# Why I am a to$$er of the highest order



## Jacomus-rides-Gen (7 Sep 2007)

I am a good cyclist, in fact I would go as far as saying very good. I train hard, I spend hours in the saddle every week, have read Cyclecraft and various other training and maintainance manuals. I work hard to claim my place as a valid road user, and have adjusted my reactionary behaviour to be more reasoned in the case of poor drivers - hoping that I can make them think about what they did next time they approach a cyclist. I respond to others who are more experienced than me and who can teach me.

Today however, I was no better than an impatient driver of the kind I faced today. I put people in direct danger through my actions.

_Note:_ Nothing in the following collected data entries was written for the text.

-- ===== src/Loop/Waits.antt =====
-- Wait queues (`tx_task_record`, `tx_task_wakeup`) and polls (tx_poll.cpp) under the invariant.
use libtx.Common.{
  ℕ, ◌≡◌, refl, true, false, not, ◌&&◌, some, List, [], ◌∷◌, arith, update, Bool-cases, inl, inr,
}
use libtx.Loop.{
  TxLoop, Ref, task, phony, tailer, set_flags, flags_of, tx_task_record, wakeup_one, wakeup_each,
  tx_task_wakeup, tx_poll_active,
}
use libtx.Loop.Queues.{has-insert, Distinct-insert, ends_tailer-insert}
use libtx.Loop.Invariant.{Inv, Detached, idle-Detached, drop_task-Inv}
use libtx.Loop.Activity.{same-Activity, quiet-Activity}
use libtx.Loop.Calls.{set_flags-Inv, drop_task-Detached, drop_task-busy, tx_task_active-Inv}

-- The task that `tx_task_record` has dropped goes to the head of the wait queue.
abbrev recorded : ℕ → ℕ → TxLoop → TxLoop
recorded q p t =
    set_flags p (record (flags_of t p) { pending = true; idle = false })
      (record t { waitq = update t.waitq q (task p ∷ t.waitq q) })

recorded-Inv :
    {t : TxLoop} (q p : ℕ)
    → Inv t
    → Detached p t
    → (flags_of t p).busy ≡ false
    → Inv (recorded q p t)
recorded-Inv {t} q p v d b = record {
  queues = record {
    ends = v.queues.ends;
    once = v.queues.once;
    once_waiting = λ r. ground (arith, v.queues.once_waiting r, d.unrecorded q);
    real = λ r. ground (arith, v.queues.real r, v.queues.real q);
    queued = λ a h. ground (arith, v.queues.queued a);
    waiting = λ r a h. (
      ground (arith, v.queues.waiting r a, v.queues.waiting q a),
      ground (arith, v.queues.waiting r a, v.queues.waiting q a, d.unqueued),
    );
    one_wait = λ r r' a h k. ground (
      arith,
      v.queues.one_wait r r' a,
      v.queues.one_wait q r' a,
      v.queues.one_wait r q a,
      d.unrecorded r,
      d.unrecorded r',
    );
    busy_queued = λ a h. ground (arith, v.queues.busy_queued a);
  };
  activity = same-Activity p _ refl v.activity;
}

pub tx_task_record-Inv : {s : TxLoop} (q p : ℕ) → Inv s → Inv (tx_task_record q p s)
unfolding tx_task_record
tx_task_record-Inv q p v =
    recorded-Inv q p (drop_task-Inv p v) (drop_task-Detached p v.queues) (drop_task-busy p v.queues)

pub wakeup_one-Inv : {s : TxLoop} (reason : ℕ) (r : Ref) → Inv s → Inv (wakeup_one reason r s)
unfolding wakeup_one
wakeup_one-Inv reason (task p) v =
    tx_task_active-Inv (some p) reason (set_flags-Inv p _ v refl refl)
wakeup_one-Inv reason phony v = v
wakeup_one-Inv reason tailer v = v

wakeup_each-Inv : (reason : ℕ) (rs : List Ref) (s : TxLoop) → Inv s → Inv (wakeup_each reason rs s)
unfolding wakeup_each
wakeup_each-Inv reason [] s v = v
wakeup_each-Inv reason (r ∷ rs) s v =
    wakeup_each-Inv reason rs (wakeup_one reason r s) (wakeup_one-Inv reason r v)

emptied-Inv : {t : TxLoop} (q : ℕ) → Inv t → Inv (record t { waitq = update t.waitq q [] })
emptied-Inv q v = record {
  queues = record {
    ends = v.queues.ends;
    once = v.queues.once;
    once_waiting = λ r. ground (arith, v.queues.once_waiting r);
    real = λ r. ground (arith, v.queues.real r);
    queued = v.queues.queued;
    waiting = λ r a h. ground (arith, v.queues.waiting r a);
    one_wait = λ r r' a h k. ground (arith, v.queues.one_wait r r' a);
    busy_queued = v.queues.busy_queued;
  };
  activity = v.activity;
}

pub tx_task_wakeup-Inv : {s : TxLoop} (q reason : ℕ) → Inv s → Inv (tx_task_wakeup q reason s)
unfolding tx_task_wakeup
tx_task_wakeup-Inv {s} q reason v = emptied-Inv q (wakeup_each-Inv reason (s.waitq q) s v)

pub tx_poll_active-Inv : {s : TxLoop} (p : ℕ) → Inv s → Inv (tx_poll_active p s)
unfolding tx_poll_active
tx_poll_active-Inv {s} p v = elim (Bool-cases (not s.tx_stop && (flags_of s p).idle)) [
  | inl e ↦
      let d = idle-Detached p v.queues (ground arith) in
      let b : (flags_of s p).busy ≡ false = ground (arith, v.queues.busy_queued p, d.unqueued) in
      rw e (record {
        queues = record {
          ends = ends_tailer-insert p s.tx_taskq v.queues.ends;
          once = Distinct-insert (task p) s.tx_taskq v.queues.ends v.queues.once d.unqueued;
          once_waiting = v.queues.once_waiting;
          real = v.queues.real;
          queued = λ a h.
              ground
                (arith, has-insert (task p) (task a) s.tx_taskq v.queues.ends, v.queues.queued a);
          waiting = λ q a h. (
            ground (arith, v.queues.waiting q a, d.unrecorded q),
            ground (
              arith,
              has-insert (task p) (task a) s.tx_taskq v.queues.ends,
              v.queues.waiting q a,
              d.unrecorded q,
            ),
          );
          one_wait = v.queues.one_wait;
          busy_queued = λ a h. ground (
            arith,
            has-insert (task p) (task a) s.tx_taskq v.queues.ends,
            v.queues.busy_queued a,
          );
        };
        activity = quiet-Activity p _ b v.queues.ends d.unqueued v.activity;
      })
  | inr e ↦ rw e v
]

Riding back into town I was using a busy but wide A-road, holding a strong primary position and 59km/h (36mph) descending the long hill. Five cars shouldered past me so close that I could have reached out and touched them. Then a van did the same but shouted at me to move over as he went past. Bearing in mind this road is subject to a 40mph limit, I was pretty close to it. I moved further out in the lane to protect myself from more idiots squeezing past against the oncoming flow of traffic. So the guy starts leaning on his horn, and when that does no good comes inches from my rear wheel and keeps slipping the clutch to rev his engine at me. 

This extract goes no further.